We have all heard the phrase “missing the forest for the trees.” That tunnel vision is, sadly, predominant in trials – lawyers miss the big picture by focusing on only one aspect of an argument or objection; and judges, guided to the narrower perspective, almost always are then drawn away from the big picture.
This occurred in a trial as reported in a recent Pennsylvania Superior Court OPINION. The tunnel vision view left in place an egregious misstatement of law – that a criminal defense attorney may be precluded from even mentioning the elements of the charged offenses during closing argument. Here, verbatim, is what the OPINION related:
[T]he record belies Appellant’s claim that he was precluded from arguing self-defense to the jury. In his brief, Appellant contends that the following exchange reflects that the trial court prevented him from arguing self-defense:
In fact, the trial court cut off trial counsel during his closing argument when he mentioned reasonable doubt and then again when he asked for a clarification of the court’s ruling and whether he could at least discuss the elements of self-defense in his summation to the jury. Specifically, during the defense’s closing, the following discussion took place:
[Appellant’s Counsel]: …in order to find the Defendant guilty of this charge, you must find that the Commonwealth has proven beyond a reasonable doubt-
THE COURT: [Counsel], I will instruct the jury in the law, and I’ve made that clear.
[Appellant’s Counsel]: Can I go through the elements, Your Honor?
THE COURT: I will instruct the jury in the law. Continue. (T.T. at 244).
Appellant’s Brief at 18. We fail to see how this exchange prohibited Appellant from arguing self-defense in the closing argument. Rather, the trial court merely clarified that the court, not Appellant’s counsel, would instruct the jury on the law. We conclude that Appellant’s claim of error is without merit.
So what is the forest in this small thicket of trees? The trial lawyer, so focused on wanting to argue self-defense, did not realize that their own words never raised that defense but instead went to the prosecution burden of proof. And the trial judge interposed a ruling that also never went to that issue.
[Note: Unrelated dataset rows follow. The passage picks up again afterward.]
-- ===== src/Setup/Fresh.antt =====
-- The channels that `main` makes are those that the invariant of the threads begins with.
use dpdk_udp_receiver.Common.{
  Bool, ℕ, zero, suc, ◌+◌, ◌-◌, ◌*◌, ◌≤◌, ◌≡◌, refl, ap, arith, Option, none, some, List, [], ◌∷◌,
  Bytes, times, length, All,
}
use dpdk_udp_receiver.Dpdk.{Dpdk, Lawful}
use dpdk_udp_receiver.Channel.{Config, Frame, Channel, new_channel}
use dpdk_udp_receiver.Assemble.{new_consumer}
use dpdk_udp_receiver.Send.{Sender}
use dpdk_udp_receiver.Pipeline.{System}
use dpdk_udp_receiver.Pipeline.Life.{IsEmpty}
use dpdk_udp_receiver.Pipeline.View.{AreBytes}
use dpdk_udp_receiver.Pipeline.Safety.{IsSafe}
use dpdk_udp_receiver.Pipeline.Promises.{fresh-IsSafe}
use dpdk_udp_receiver.Setup.{
  Makers, Links, Outcome, exits, panics, runs, ring_size, pool_size, frame_pool_size, and_then,
  make_links, make_all_links, make_frame_pools, channels, set_up,
}
use dpdk_udp_receiver.Setup.Names.{ring_name, first, second, third, msg_pool_name, frame_pool_name}

-- What is given, if anything is, has the property.
abbrev pub Gives : {A : Type 0} → (A → Type 0) → Option A → Type 0
Gives P none = Unit
Gives P (some a) = P a

pub Gives-and_then :
    {A B S : Type 0} (P : A → Type 0) (Q : B → Type 0) (r : Option A × S) (f : A → S → Option B × S)
    → Gives P r.0
    → ((a : A) (s : S) → P a → Gives Q (f a s).0)
    → Gives Q (and_then r f).0
unfolding and_then
Gives-and_then P Q (none, s) f h k = tt
Gives-and_then P Q (some a, s) f h k = k a s h

module _ (d : Dpdk) where
  -- An empty ring with room for all the frames of a pool.
  pub record IsOpen (r : d.Ring) : Type 0 where
    pub nothing : d.objects r ≡ []
    pub room : ring_size - 1 ≤ d.capacity r

  -- A pool of `n` different objects, all of them free.
  pub record IsFull (n : ℕ) (m : d.Pool) : Type 0 where
    pub many : length (d.free m) ≡ n
    pub distinct : (o : ℕ) → times o (d.free m) ≤ 1

  -- What rte_ring_create and rte_mempool_create promise where they give no null pointer: a ring
  -- made with the size `ring_size`, a power of two, is empty and can hold one object less than
  -- that; a pool has as many objects as were asked for.
  pub record IsMaker (g : Makers d) : Type 0 where
    pub ring_made : (name : List ℕ) (s : g.State) → Gives IsOpen (g.make_ring name ring_size s).0
    pub pool_made :
        (name : List ℕ) (n : ℕ) (s : g.State) → Gives (IsFull n) (g.make_pool name n s).0

  -- A channel that nothing has happened to: all slots of the index are free, all frames empty and
  -- in the pool, and the rings that frames go through empty and with room.
  pub record IsNew (c : Channel d) : Type 0 where
    pub unindexed : (s : ℕ) → c.index s ≡ none
    pub zeroed : (f : ℕ) → IsEmpty (c.frames f)
    pub distinct : (o : ℕ) → times o (d.free c.frame_pool) ≤ 1
    pub many : length (d.free c.frame_pool) ≡ frame_pool_size
    pub announced : d.objects c.ring2_3 ≡ []
    pub room : frame_pool_size ≤ d.capacity c.ring2_3
    pub passed : d.objects c.ring3_4 ≡ []
    pub room_passed : frame_pool_size ≤ d.capacity c.ring3_4
    pub bytes : AreBytes c.messages

  -- `timer_init` makes no difference to it.
  pub timer_init-IsNew : (b : Bool) (c : Channel d) → IsNew c → IsNew (record c { timer_init = b })
  timer_init-IsNew b c new = record {
    unindexed = new.unindexed;
    zeroed = new.zeroed;
    distinct = new.distinct;
    many = new.many;
    announced = new.announced;
    room = new.room;
    passed = new.passed;
    room_passed = new.room_passed;
    bytes = new.bytes;
  }

module _ (cfg : Config) (d : Dpdk) (laws : Lawful d) (g : Makers d) (made : IsMaker d g) where
  -- The rings that frames go through.
  abbrev IsRoomy : Links d → Type 0
  IsRoomy l = IsOpen d l.ring2_3 × IsOpen d l.ring3_4

  make_links-IsRoomy : (i : ℕ) (s : g.State) → Gives IsRoomy (make_links d g i s).0
  unfolding make_links
  make_links-IsRoomy i s =
      Gives-and_then (IsOpen d) IsRoomy _ _ (made.ring_made (ring_name first i) s) λ r1 s1 _.
        Gives-and_then (IsOpen d) IsRoomy _ _ (made.ring_made (ring_name second i) s1) λ r2 s2 two.
          Gives-and_then (IsOpen d) IsRoomy _ _ (made.ring_made (ring_name third i) s2)
            λ r3 s3 three.
              Gives-and_then (IsFull d pool_size) IsRoomy _ _
                (made.pool_made (msg_pool_name i) pool_size s3) λ m s4 _. (two, three)

  abbrev Many : {A : Type 0} → (A → Type 0) → ℕ → List A → Type 0
  Many P n xs = (length xs ≡ n) × All P xs

  make_all_links-IsRoomy :
      (n i : ℕ) (s : g.State) → Gives (Many IsRoomy n) (make_all_links d g n i s).0
  unfolding make_all_links
  make_all_links-IsRoomy zero i s = (refl, tt)
  make_all_links-IsRoomy (suc n) i s =
      Gives-and_then IsRoomy (Many IsRoomy (suc n)) _ _ (make_links-IsRoomy i s) λ l s1 h.
        Gives-and_then (Many IsRoomy n) (Many IsRoomy (suc n)) _ _
          (make_all_links-IsRoomy n (i + 1) s1) λ ls s2 k. (ap suc k.0, (h, k.1))

  make_frame_pools-IsFull :
      (n i : ℕ) (s : g.State)
      → Gives (Many (IsFull d frame_pool_size) n) (make_frame_pools d g n i s).0
  unfolding make_frame_pools
  make_frame_pools-IsFull zero i s = (refl, tt)
  make_frame_pools-IsFull (suc n) i s =
      Gives-and_then (IsFull d frame_pool_size) (Many (IsFull d frame_pool_size) (suc n)) _ _
        (made.pool_made (frame_pool_name i) frame_pool_size s)
        λ m s1 h.
          Gives-and_then (Many (IsFull d frame_pool_size) n)
            (Many (IsFull d frame_pool_size) (suc n)) _ _ (make_frame_pools-IsFull n (i + 1) s1)
            λ ms s2 k. (ap suc k.0, (h, k.1))

  -- A channel with threads that have not run.
  abbrev pub at_rest : Sender → Channel d → System d
  at_rest sender c = record { chan = c; consumer = new_consumer; wait = none; sender = sender }

  -- What `set_up` may end in: nothing that runs, or `n` channels that are all safe.
  abbrev pub IsGood : ℕ → Sender → Outcome d → Type 0
  IsGood n sender exits = Unit
  IsGood n sender panics = Unit
  IsGood n sender (runs cs) =
      (length cs ≡ n)
      × All (λ c. IsSafe cfg d laws frame_pool_size (at_rest sender c) × IsNew d c) cs

  channels-IsSafe :
      (messages : ℕ → Bytes) (frames : ℕ → Frame) (sender : Sender)
      → AreBytes messages
      → ((f : ℕ) → IsEmpty (frames f))
      → (n i : ℕ) (ls : List (Links d)) (ms : List d.Pool) → Many IsRoomy n ls
      → Many (IsFull d frame_pool_size) n ms
      → IsGood n sender (runs (channels d g messages frames i ls ms))
  unfolding channels new_channel
  channels-IsSafe messages frames sender bytes zeroed zero i [] ms h k = (refl, tt)
  channels-IsSafe messages frames sender bytes zeroed zero i (l ∷ ls) ms h k =
      absurd (omega (arith, h.0))
  channels-IsSafe messages frames sender bytes zeroed (suc n) i [] ms h k =
      absurd (omega (arith, h.0))
  channels-IsSafe messages frames sender bytes zeroed (suc n) i (l ∷ ls) [] h k =
      absurd (omega (arith, k.0))
  channels-IsSafe messages frames sender bytes zeroed (suc n) i (l ∷ ls) (m ∷ ms) h k =
      let safe =
        fresh-IsSafe cfg d laws frame_pool_size i m l.send_pool l.ring1_2 l.ring2_3 l.ring3_4
          messages frames sender
          (record {
            distinct = k.1.0.distinct;
            many = k.1.0.many;
            nothing_announced = h.1.0.0.nothing;
            nothing_passed = h.1.0.1.nothing;
            room_announced = omega (arith, h.1.0.0.room);
            room_passed = omega (arith, h.1.0.1.room);
            bytes = bytes;
            zeroed = λ f _. zeroed f;
          }) in
      let new : IsNew d
          (new_channel d i m l.send_pool l.ring1_2 l.ring2_3 l.ring3_4 messages frames) =
        record {
          unindexed = λ q. refl;
          zeroed = zeroed;
          distinct = k.1.0.distinct;
          many = k.1.0.many;
          announced = h.1.0.0.nothing;
          room = omega (arith, h.1.0.0.room);
          passed = h.1.0.1.nothing;
          room_passed = omega (arith, h.1.0.1.room);
          bytes = bytes;
        } in
      let rest =
        channels-IsSafe messages frames sender bytes zeroed n (i + 1) ls ms
          (omega (arith, h.0), h.1.1) (omega (arith, k.0), k.1.1) in
      (ap suc rest.0, ((safe, new), rest.1))

  -- On memory of bytes in which every frame is empty, `main` either stops, or starts three channels
  -- for each worker, all of them new, and safe with the 16384 frames of their pool.
  pub set_up-IsSafe :
      (workers : ℕ) (messages : ℕ → Bytes) (frames : ℕ → Frame) (sender : Sender) (s : g.State)
      → AreBytes messages
      → ((f : ℕ) → IsEmpty (frames f))
      → IsGood (workers * 3) sender (set_up d g workers messages frames s)
  unfolding set_up
  set_up-IsSafe workers messages frames sender s bytes zeroed =
      ending (make_all_links d g (workers * 3) 0 s).0
        (make_frame_pools d g (workers * 3) 0 (make_all_links d g (workers * 3) 0 s).1).0
        (make_all_links-IsRoomy (workers * 3) 0 s)
        (make_frame_pools-IsFull (workers * 3) 0 (make_all_links d g (workers * 3) 0 s).1)
    where
      ending :
          (links : Option (List (Links d))) (pools : Option (List d.Pool))
          → Gives (Many IsRoomy (workers * 3)) links
          → Gives (Many (IsFull d frame_pool_size) (workers * 3)) pools
          → IsGood (workers * 3) sender (elim links [
            | none ↦ exits
            | some ls ↦ elim pools [
              | none ↦ panics
              | some ms ↦ runs (channels d g messages frames 0 ls ms)
            ]
          ])
      ending none pools h k = tt
      ending (some ls) none h k = tt
      ending (some ls) (some ms) h k =
          channels-IsSafe messages frames sender bytes zeroed (workers * 3) 0 ls ms h k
But the tunnel vision is worse, and it is that of the appellate court. Without discussion, it approved a trial judge’s ruling that a criminal defense lawyer may not even mention the elements of the charge(s) when challenging whether the prosecution has proved its case:
[Appellant’s Counsel]: Can I go through the elements, Your Honor?
THE COURT: I will instruct the jury in the law. Continue. (T.T. at 244).
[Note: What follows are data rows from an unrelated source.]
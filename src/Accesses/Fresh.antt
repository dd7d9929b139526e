-- ===== src/Accesses/Fresh.antt =====
-- A channel as `main` makes it is in order before the first access.
use dpdk_udp_receiver.Common.{ℕ, Bool, ap, arith, times, length}
use dpdk_udp_receiver.Dpdk.{Dpdk}
use dpdk_udp_receiver.Channel.{Packet, Channel}
use dpdk_udp_receiver.Assemble.{Consumer}
use dpdk_udp_receiver.Setup.{frame_pool_size}
use dpdk_udp_receiver.Setup.Fresh.{IsNew}
use dpdk_udp_receiver.Accesses.{away, seeks, idles}
use dpdk_udp_receiver.Accesses.Spread.{IsOrdered}

-- A channel that nothing has happened to is in order, with the frames of its pool.
pub IsNew-IsOrdered :
    (d : Dpdk) (strict : Bool) (c : Channel d) (p : Packet) (k : Consumer)
    → IsNew d c
    → IsOrdered d strict frame_pool_size c away p k seeks idles
IsNew-IsOrdered d strict c p k h =
    let announced = λ (o : ℕ). ap (times o) h.announced in
    let passed = λ (o : ℕ). ap (times o) h.passed in
    record {
      tidy = record {
        once = λ f. omega (arith, h.distinct f, announced f, passed f);
        listed = λ s f e. absurd (ground (arith, h.unindexed s));
        found = λ f l. absurd (omega (arith, announced f, passed f, l));
        filled = λ q f l. absurd (omega (arith, announced f, passed f, l));
        cleared = λ q f l. h.zeroed f;
      };
      knows = tt;
      patient = λ q. tt;
      counted = omega (arith, h.many, ap (length {0}) h.announced, ap (length {0}) h.passed);
      room_announced = h.room;
      room_passed = h.room_passed;
      bytes = h.bytes;
    }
This is remarkable. Admittedly, an appellate court is tasked with addressing only preserved claims; but nothing would have prevented it from noting how wrong the trial judge’s directive was.
The Constitution says otherwise:
[Historically, whatever other procedural protections may have been lacking, there was no absence of debate on the factual and legal issues raised in a criminal case…
It can hardly be questioned that closing argument serves to sharpen and clarify the issues for resolution by the trier of fact in a criminal case. For it is only after all the evidence is in that counsel for the parties are in a position to present their respective versions of the case as a whole. Only then can they argue the inferences to be drawn from all the testimony, and point out the weaknesses of their adversaries’ positions. And for the defense, closing argument is the last clear chance to persuade the trier of fact that there may be reasonable doubt of the defendant’s guilt.
Herring v. New York, 422 U.S. 853, 860-862, 95 S. Ct. 2550, 2554, 45 L. Ed. 2d 593, 599-600, 1975 U.S. LEXIS 84, *12-13
The lessons are simple. Lawyers must preserve objections to the actual issue at hand; they ought not appeal a different issue from that preserved; trial judges may not preclude lawyers from mentioning the law; and appellate courts should never let such egregious misstatements of law go without comment.